Ga Ram Kim et al. Ultrasound Q. 2016 Jun.

Abstract

The recurrence rates of benign phyllodes tumors diagnosed through surgery and ultrasound-guided vacuum-assisted excision (US-VAE) were evaluated. A total of 146 benign phyllodes tumors diagnosed by surgery (n = 126) or US-VAE (n = 20) in 144 patients who had further follow-up after surgery or US-VAE were included (median follow-up period, 32.3 months; range, 6.7-142.5 months). Comparisons of recurrence rate, interval to recurrence, patient age, initial tumor size, Breast Imaging Reporting and Data System category, or follow-up interval were performed between the surgery and VAE groups and between groups with and without recurrence. Three cases (2.1%, 3/146) had recurrence and all were in the surgery group (2.4%, 3/126).
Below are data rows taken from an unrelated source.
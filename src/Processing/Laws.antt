-- ===== src/Processing/Laws.antt =====
-- What internal/message/processor.go guarantees of the snapshots and their jobs.
use arandu_whatsapp.Authz.Security.{Security}
use arandu_whatsapp.Database.{Db}
use arandu_whatsapp.Errors.{Result, err, ok}
use arandu_whatsapp.Prelude.{Bool, List, Option, [], arith, none, refl, some, ℕ, ◌∷◌, ◌≡◌}
use arandu_whatsapp.Prelude.Text.{Text, Unicode}
use arandu_whatsapp.Processing.{Job, PreparedMentionAllJob, ProcessingEngine, Queue, Tables}
use arandu_whatsapp.Processing.Backing.{IsBacked, IsFresh, Outcome-IsBacked, enqueue-IsBacked}
use arandu_whatsapp.Processing.Ending.{Outcome, clean_process-Outcome, handle_process-Outcome}
use arandu_whatsapp.Processing.Execution.{Answers}
use arandu_whatsapp.Processing.Processor.{
  committed, enqueue, handle, handle_cleanup, handle_cleanup_of, handle_of, opening,
}
use arandu_whatsapp.Processing.Repository.{message_processing_tenant}

module _ (security : Security) (unicode : Unicode) (json_valid : Text → Bool) (queue : Queue)
    (retention : ℕ) where
  open security use {Grant, tenant}

  pub opening-eq_ok :
      (g : Grant) (job : Option Job) (j : Job) (id : Text)
      → opening security unicode json_valid queue retention g job ≡ ok (j, id)
      → message_processing_tenant security g ≡ ok (tenant g)
  unfolding opening message_processing_tenant
  opening-eq_ok g none j id h = absurd (ground arith)
  opening-eq_ok g (some job) j id h = ground arith

  -- The operations of the processor, with what the database and WhatsApp answer in each.
  pub data ProcessorOp : Type 0 where
    enqueueing : ProcessingEngine → Grant → PreparedMentionAllJob → ProcessorOp
    handling : ProcessingEngine → Answers → Grant → Option Job → Db → ProcessorOp
    cleaning : ProcessingEngine → Grant → Option Job → ProcessorOp

  -- What enqueue leaves.
  abbrev enqueued : Result (Tables queue × Text) → Tables queue → Tables queue
  enqueued (ok r) tables = r.0
  enqueued (err e) tables = tables

  unfoldable pub apply_op : ProcessorOp → Tables queue → Tables queue
  unfolding enqueue handle handle_cleanup
  apply_op (enqueueing en g input) tables =
      enqueued (enqueue security unicode json_valid queue retention en g input tables) tables
  apply_op (handling en a g job db) tables =
      (handle security unicode json_valid queue retention en a g job db tables).0
  apply_op (cleaning en g job) tables =
      (handle_cleanup security unicode json_valid queue retention en g job tables).0

  unfoldable pub apply_all : List ProcessorOp → Tables queue → Tables queue
  unfolding apply_op
  apply_all [] tables = tables
  apply_all (op ∷ ops) tables = apply_all ops (apply_op op tables)

  -- The ids that jobs.New gives out are new when they are given out.
  abbrev pub IsFreshFor : ProcessorOp → Tables queue → Type 0
  IsFreshFor (enqueueing en g input) tables =
      IsFresh security unicode json_valid queue retention en tables.snapshots
  IsFreshFor _ tables = Unit

  abbrev pub AllFresh : List ProcessorOp → Tables queue → Type 0
  AllFresh [] tables = Unit
  AllFresh (op ∷ ops) tables = IsFreshFor op tables × AllFresh ops (apply_op op tables)

  pub handle_of-Outcome :
      (en : ProcessingEngine) (a : Answers) (g : Grant) (job : Option Job) (j : Job) (id : Text)
      (db : Db) (tables tables' : Tables queue)
      → opening security unicode json_valid queue retention g job ≡ ok (j, id)
      → (handle_of security unicode json_valid queue retention en a g job db tables).1 ≡ ok tables'
      → Outcome security unicode json_valid queue retention g id tables tables'
  unfolding handle_of
  handle_of-Outcome en a g job j id db tables tables' o h =
      handle_process-Outcome security unicode json_valid queue retention en a g j id db tables
        tables' (opening-eq_ok g job j id o) (ground arith)

  pub handle_cleanup_of-Outcome :
      (en : ProcessingEngine) (g : Grant) (job : Option Job) (j : Job) (id : Text)
      (tables tables' : Tables queue)
      → opening security unicode json_valid queue retention g job ≡ ok (j, id)
      → handle_cleanup_of security unicode json_valid queue retention en g job tables ≡ ok tables'
      → Outcome security unicode json_valid queue retention g id tables tables'
  unfolding handle_cleanup_of
  handle_cleanup_of-Outcome en g job j id tables tables' o h =
      clean_process-Outcome security unicode json_valid queue retention en g id tables tables'
        (opening-eq_ok g job j id o) (ground arith)

  -- A handler that opens has a job and a process id.
  committed-keeps :
      (P : Tables queue → Type 0) (r : Result (Tables queue)) (tables : Tables queue)
      → P tables
      → ((tables' : Tables queue) → r ≡ ok tables' → P tables')
      → P (committed security unicode json_valid queue retention r tables).0
  committed-keeps P (ok tables') tables p f = f tables' refl
  committed-keeps P (err e) tables p f = p

  handle-IsBacked :
      (en : ProcessingEngine) (a : Answers) (g : Grant) (job : Option Job) (db : Db)
      (tables tables' : Tables queue)
      → IsBacked security unicode json_valid queue retention tables
      → (handle_of security unicode json_valid queue retention en a g job db tables).1 ≡ ok tables'
      → IsBacked security unicode json_valid queue retention tables'
  unfolding handle_of
  handle-IsBacked en a g job db tables tables' v h =
      (elim (opening security unicode json_valid queue retention g job)
          as (λ r.
            opening security unicode json_valid queue retention g job ≡ r
            → IsBacked security unicode json_valid queue retention tables') [
              | err e ↦ λ q. absurd (ground arith)
              | ok (j, id) ↦ λ q.
                  Outcome-IsBacked security unicode json_valid queue retention g id tables tables'
                    (handle_of-Outcome en a g job j id db tables tables' q h) v
            ])
        refl

  handle_cleanup-IsBacked :
      (en : ProcessingEngine) (g : Grant) (job : Option Job) (tables tables' : Tables queue)
      → IsBacked security unicode json_valid queue retention tables
      → handle_cleanup_of security unicode json_valid queue retention en g job tables ≡ ok tables'
      → IsBacked security unicode json_valid queue retention tables'
  unfolding handle_cleanup_of
  handle_cleanup-IsBacked en g job tables tables' v h =
      (elim (opening security unicode json_valid queue retention g job)
          as (λ r.
            opening security unicode json_valid queue retention g job ≡ r
            → IsBacked security unicode json_valid queue retention tables') [
              | err e ↦ λ q. absurd (ground arith)
              | ok (j, id) ↦ λ q.
                  Outcome-IsBacked security unicode json_valid queue retention g id tables tables'
                    (handle_cleanup_of-Outcome en g job j id tables tables' q h) v
            ])
        refl

  apply_op-IsBacked :
      (op : ProcessorOp) (tables : Tables queue)
      → IsFreshFor op tables
      → IsBacked security unicode json_valid queue retention tables
      → IsBacked security unicode json_valid queue retention (apply_op op tables)
  unfolding apply_op handle handle_cleanup
  apply_op-IsBacked (enqueueing en g input) tables f v =
      (elim (enqueue security unicode json_valid queue retention en g input tables)
          as (λ r.
            enqueue security unicode json_valid queue retention en g input tables ≡ r
            → IsBacked security unicode json_valid queue retention (enqueued r tables)) [
              | err e ↦ λ q. v
              | ok (tables', id) ↦ λ q.
                  enqueue-IsBacked security unicode json_valid queue retention en g input id tables
                    tables' f v q
            ])
        refl
  apply_op-IsBacked (handling en a g job db) tables f v =
      committed-keeps (IsBacked security unicode json_valid queue retention)
        (handle_of security unicode json_valid queue retention en a g job db tables).1 tables v
        (λ tables' h. handle-IsBacked en a g job db tables tables' v h)
  apply_op-IsBacked (cleaning en g job) tables f v =
      committed-keeps (IsBacked security unicode json_valid queue retention)
        (handle_cleanup_of security unicode json_valid queue retention en g job tables) tables v
        (λ tables' h. handle_cleanup-IsBacked en g job tables tables' v h)

  -- No snapshot is forgotten: after any operations, whichever call of them fails, the cleanup job of each
  -- stored snapshot is in the queue, if that holds before and the ids of new jobs are new.
  pub apply_all-IsBacked :
      (ops : List ProcessorOp) (tables : Tables queue)
      → AllFresh ops tables
      → IsBacked security unicode json_valid queue retention tables
      → IsBacked security unicode json_valid queue retention (apply_all ops tables)
  unfolding apply_all
  apply_all-IsBacked [] tables f v = v
  apply_all-IsBacked (op ∷ ops) tables f v =
      apply_all-IsBacked ops (apply_op op tables) f.1 (apply_op-IsBacked op tables f.0 v)
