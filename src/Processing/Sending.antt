-- ===== src/Processing/Sending.antt =====
-- When internal/message/processor.go hands a message to WhatsApp.
use arandu_whatsapp.Authz.Checks.{check_message_by_key, refusal, tenant_from_grant}
use arandu_whatsapp.Authz.Security.{Security, message_send}
use arandu_whatsapp.Database.{Db, InstanceRow, InstanceStatus, status_is_online}
use arandu_whatsapp.Database.Sql.{find}
use arandu_whatsapp.Errors.{Error, Result, err, errors_is, message_not_found, ok}
use arandu_whatsapp.Messages.{MessageStore}
use arandu_whatsapp.Messages.Reads.{find_by_key_id_for_instance}
use arandu_whatsapp.Messages.Store.{find_message, same_key}
use arandu_whatsapp.Policy.{Action-eq}
use arandu_whatsapp.Prelude.{
  ==_iff, Bool, List, List-eq, Option, Option-eq, String, String-eq, [], arith, none, refl, some,
  true, ℕ, ℕ-eq, ◌∷◌, ◌≡◌,
}
use arandu_whatsapp.Prelude.Text.{Text, Unicode}
use arandu_whatsapp.Processing.{MessageSnapshot}
use arandu_whatsapp.Processing.Execution.{
  Answers, find_by_name, mention_refusal, named, process_mention_all_job, send_mention_all,
  send_refusal,
}
use arandu_whatsapp.Processing.Repository.{message_processing_tenant, query_error}

module _ (security : Security) (unicode : Unicode) (json_valid : Text → Bool) where
  open security use {Grant, check, tenant, action, check_exact}

  -- What holds where a job sends its message: the instance of the snapshot is an online one of the
  -- tenant, with a client that is ready, the message is not stored, and the group has participants.
  pub record MaySend (a : Answers) (g : Grant) (s : MessageSnapshot) (db : Db)
      (store : MessageStore) : Type 0 where
    pub instance_row : InstanceRow
    pub loaded : find (named unicode (tenant g) s.instance_name) db.instances ≡ some instance_row
    pub same_instance : instance_row.id ≡ s.instance_id
    pub online : status_is_online instance_row.status ≡ true
    pub unsent : find (same_key (tenant g) s.instance_id s.message_id) store.messages ≡ none
    pub ready : a.client ≡ ok (some true)
    pub group : a.is_group ≡ true
    pub jid : Text
    pub others : List Text
    pub participants : a.group_info ≡ ok (jid ∷ others)

  mention_refusal-none :
      (r : Result (List Text))
      → mention_refusal r ≡ none
      → (jid : Text) × (others : List Text) × (r ≡ ok (jid ∷ others))
  mention_refusal-none (err e) h = absurd (ground arith)
  mention_refusal-none (ok []) h = absurd (ground arith)
  mention_refusal-none (ok (jid ∷ others)) h = (jid, others, refl)

  send_mention_all-true :
      (a : Answers) (i : ℕ) (status : InstanceStatus)
      → (send_mention_all a i status).0 ≡ true
      → (status_is_online status ≡ true)
        × (a.client ≡ ok (some true))
        × (a.is_group ≡ true)
        × (mention_refusal a.group_info ≡ none)
  unfolding send_mention_all send_refusal
  send_mention_all-true a i status h = ground arith

  find_by_key-missing :
      (fault : Option String) (g : Grant) (i : ℕ) (key : Text) (store : MessageStore) (e : Error)
      → message_processing_tenant security g ≡ ok (tenant g)
      → find_by_key_id_for_instance security (query_error fault) g i key store ≡ err e
      → errors_is e message_not_found ≡ true
      → find (same_key (tenant g) i key) store.messages ≡ none
  unfolding find_by_key_id_for_instance find_message check_message_by_key tenant_from_grant
      message_processing_tenant errors_is refusal
  find_by_key-missing fault g i key store e p h z =
      ground (arith, check_exact g message_send, ==_iff (tenant g) "")

  find_by_name-eq_ok :
      (fault : Option Error) (g : Grant) (name : Text) (db : Db) (r : InstanceRow)
      → find_by_name security unicode json_valid fault g name db ≡ ok r
      → find (named unicode (tenant g) name) db.instances ≡ some r
  unfolding find_by_name tenant_from_grant
  find_by_name-eq_ok fault g name db r h = ground arith

  pub process-MaySend :
      (a : Answers) (g : Grant) (s : MessageSnapshot) (db : Db) (store : MessageStore)
      → message_processing_tenant security g ≡ ok (tenant g)
      → (process_mention_all_job security unicode json_valid a g s db store).0 ≡ true
      → MaySend a g s db store
  unfolding process_mention_all_job
  process-MaySend a g s db store p h =
      (elim (find_by_name security unicode json_valid a.instance_fault g s.instance_name db)
          as (λ r.
            find_by_name security unicode json_valid a.instance_fault g s.instance_name db ≡ r
            → MaySend a g s db store) [
              | err e ↦ λ q. absurd (ground arith)
              | ok row ↦ λ q.
                  (elim (find_by_key_id_for_instance security (query_error a.message_fault) g row.id
                        s.message_id store)
                      as (λ r.
                        find_by_key_id_for_instance security (query_error a.message_fault) g row.id
                            s.message_id store
                          ≡ r
                        → MaySend a g s db store) [
                          | ok m ↦ λ z. absurd (ground arith)
                          | err e ↦ λ z.
                              let same : row.id ≡ s.instance_id =
                                ground (arith, ==_iff row.id s.instance_id) in
                              let sends : (send_mention_all a row.id row.status).0 ≡ true =
                                ground arith in
                              let (on, ready, group, mentioned) =
                                send_mention_all-true a row.id row.status sends in
                              let (jid, others, participants) =
                                mention_refusal-none a.group_info mentioned in
                              let unsent =
                                find_by_key-missing a.message_fault g row.id s.message_id store e p
                                  z (ground arith) in
                              record {
                                instance_row = row;
                                loaded =
                                    find_by_name-eq_ok a.instance_fault g s.instance_name db row q;
                                same_instance = same;
                                online = on;
                                unsent = ground (arith, unsent, same);
                                ready = ready;
                                group = group;
                                jid = jid;
                                others = others;
                                participants = participants;
                              }
                        ])
                    refl
            ])
        refl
The surgery group demonstrated larger size than the VAE group (median, 25 vs 16 mm; P < 0.001). The median age of women in the surgery group was older than those in the VAE group (39 vs 33 years, P = 0.509). The median age of women with recurrence (n = 3) was older than those without recurrence (n = 143, 49 vs 38 years, P = 0.023). In conclusion, when benign phyllodes tumor is unexpectedly diagnosed at US-VAE, if there is no residual lesion at US, clinical follow-up rather than further surgery might be recommended.